The task:
Every line in the records below with the string "Option" is to be copied out.

*** Material for this exercise ***

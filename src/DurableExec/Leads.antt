-- ===== src/DurableExec/Leads.antt =====
-- How a receipt may change, and how the receipts and the effects of two states hang together.
use mola_core.Base.{
  ℕ, ◌+◌, ◌≤◌, String, ◌≡◌, refl, Bool, true, ◌&&◌, Option, none, some, List, [], ◌∷◌, arith,
  str_eq, if◌then◌else◌, ◌∙◌, Bool-cases, inl, inr,
}
use mola_core.Base.Dict.{lookup}
use mola_core.DurableExec.Receipt.{
  Receipt, Status, queued, running, finishing, outcome_unknown, completed, failed, is_terminal,
  is_queued,
}
use mola_core.DurableExec.Store.{State, File, Effect, launched, passed, ran}
use mola_core.DurableExec.Launch.{is_falsy}

-- A queued receipt that nobody has cancelled is the only one that a worker may still take.
abbrev pub can_begin : Receipt → Bool
can_begin r = is_queued r.status && is_falsy r.cancel_requested_at

abbrev pub rank : Status → ℕ
rank queued = 0
rank running = 1
rank finishing = 2
rank outcome_unknown = 3
rank completed = 4
rank failed = 4

pub record Evolves (r r' : Receipt) : Type 0 where
  pub identity : r'.operation_id ≡ r.operation_id
  pub binding : (r'.generation ≡ r.generation) × (r'.boot_id ≡ r.boot_id)
  pub digest : r'.payload_digest ≡ r.payload_digest
  pub attempt : r'.attempt ≡ r.attempt
  pub forward : rank r.status ≤ rank r'.status
  pub fenced : can_begin r' ≡ true → can_begin r ≡ true
  pub frozen : is_terminal r.status ≡ true → r' ≡ r

pub Evolves-refl : (r : Receipt) → Evolves r r
Evolves-refl r = record {
  identity = refl;
  binding = (refl, refl);
  digest = refl;
  attempt = refl;
  forward = omega arith;
  fenced = λ h. h;
  frozen = λ h. refl;
}

terminal_forward : (a b : Status) → rank a ≤ rank b → is_terminal a ≡ true → is_terminal b ≡ true
terminal_forward completed b h t = ground arith
terminal_forward failed b h t = ground arith
terminal_forward a b h t = ground arith

pub Evolves-trans : {a b c : Receipt} → Evolves a b → Evolves b c → Evolves a c
Evolves-trans {a} {b} {c} p q = record {
  identity = q.identity ∙ p.identity;
  binding = (q.binding.0 ∙ p.binding.0, q.binding.1 ∙ p.binding.1);
  digest = q.digest ∙ p.digest;
  attempt = q.attempt ∙ p.attempt;
  forward = omega arith;
  fenced = λ h. p.fenced (q.fenced h);
  frozen = λ h. q.frozen (terminal_forward a.status b.status p.forward h) ∙ p.frozen h;
}

abbrev pub receipt_of : Option File → Option Receipt
receipt_of none = none
receipt_of (some f) = some f.receipt

-- The receipt of an identifier.
unfoldable pub view : String → State → Option Receipt
view q s = receipt_of (lookup q s.files)

abbrev launched_for : String → Effect → ℕ
launched_for q (launched p) = if str_eq p q then 1 else 0
launched_for q _ = 0

abbrev ran_for : String → Effect → ℕ
ran_for q (ran p) = if str_eq p q then 1 else 0
ran_for q _ = 0

abbrev passed_for : String → Effect → ℕ
passed_for q (passed p) = if str_eq p q then 1 else 0
passed_for q _ = 0

abbrev pub total : (Effect → ℕ) → List Effect → ℕ
total weight [] = 0
total weight (e ∷ es) = weight e + total weight es

-- How often a worker was launched for an identifier, how often one passed its fence, and how often one
-- started its command.
abbrev pub launches : String → State → ℕ
launches q s = total (launched_for q) s.effects

abbrev pub passes : String → State → ℕ
passes q s = total (passed_for q) s.effects

abbrev pub runs : String → State → ℕ
runs q s = total (ran_for q) s.effects

-- 1 once the identifier has a receipt, and 1 once no worker can begin any more.
abbrev pub known : Option Receipt → ℕ
known none = 0
known (some r) = 1

abbrev pub spent : Option Receipt → ℕ
spent none = 0
spent (some r) = if can_begin r then 0 else 1

abbrev pub Follows : Option Receipt → Option Receipt → Type 0
Follows none o = Unit {0}
Follows (some r) none = ⊥
Follows (some r) (some r') = Evolves r r'

-- One state leads to another: receipts are kept and evolve, a launch needs a new receipt, a worker that
-- passes the fence uses up the one chance of its receipt, and no command starts without that.
pub record Leads (q : String) (s t : State) : Type 0 where
  pub kept : Follows (view q s) (view q t)
  pub launch : launches q t + known (view q s) ≤ launches q s + known (view q t)
  pub chance : passes q t + spent (view q s) ≤ passes q s + spent (view q t)
  pub covered : runs q s ≤ passes q s → runs q t ≤ passes q t

pub Follows-refl : (o : Option Receipt) → Follows o o
Follows-refl none = tt
Follows-refl (some r) = Evolves-refl r

Follows-trans : (a b c : Option Receipt) → Follows a b → Follows b c → Follows a c
Follows-trans none b c h k = tt
Follows-trans (some r) none c h k = absurd h
Follows-trans (some r) (some r') none h k = absurd k
Follows-trans (some r) (some r') (some r'') h k = Evolves-trans h k

pub Leads-refl : (q : String) (s : State) → Leads q s s
Leads-refl q s = record {
  kept = Follows-refl (view q s);
  launch = omega arith;
  chance = omega arith;
  covered = λ k. k;
}

pub Leads-trans : {q : String} {s t u : State} → Leads q s t → Leads q t u → Leads q s u
Leads-trans {q} {s} {t} {u} a b = record {
  kept = Follows-trans (view q s) (view q t) (view q u) a.kept b.kept;
  launch = omega arith;
  chance = omega arith;
  covered = λ k. b.covered (a.covered k);
}

-- The same, from what the two states hold for the identifier.
pub Leads-of :
    (q : String) (s t : State) (o o' : Option Receipt)
    → view q s ≡ o
    → view q t ≡ o'
    → Follows o o'
    → launches q t + known o ≤ launches q s + known o'
    → passes q t + spent o ≤ passes q s + spent o'
    → (runs q s ≤ passes q s → runs q t ≤ passes q t)
    → Leads q s t
Leads-of q s t o o' e e' f l c g = record {
  kept = rw (e, e') f;
  launch = rw (e, e') l;
  chance = rw (e, e') c;
  covered = g;
}

pub spent_mono : (r r' : Receipt) → Evolves r r' → spent (some r) ≤ spent (some r')
spent_mono r r' e = elim (Bool-cases (can_begin r')) [
  | inl open_still ↦ rw (open_still, e.fenced open_still) (omega arith)
  | inr closed ↦
      rw closed (elim (Bool-cases (can_begin r)) [
        | inl o ↦ rw o (omega arith)
        | inr c ↦ rw c (omega arith)
      ])
]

*** End of Material for this exercise ***

Response area:
  ℕ, ◌+◌, ◌≤◌, String, ◌≡◌, refl, Bool, true, ◌&&◌, Option, none, some, List, [], ◌∷◌, arith,
abbrev pub receipt_of : Option File → Option Receipt
unfoldable pub view : String → State → Option Receipt
abbrev pub known : Option Receipt → ℕ
abbrev pub spent : Option Receipt → ℕ
abbrev pub Follows : Option Receipt → Option Receipt → Type 0
pub Follows-refl : (o : Option Receipt) → Follows o o
Follows-trans : (a b c : Option Receipt) → Follows a b → Follows b c → Follows a c
    (q : String) (s t : State) (o o' : Option Receipt)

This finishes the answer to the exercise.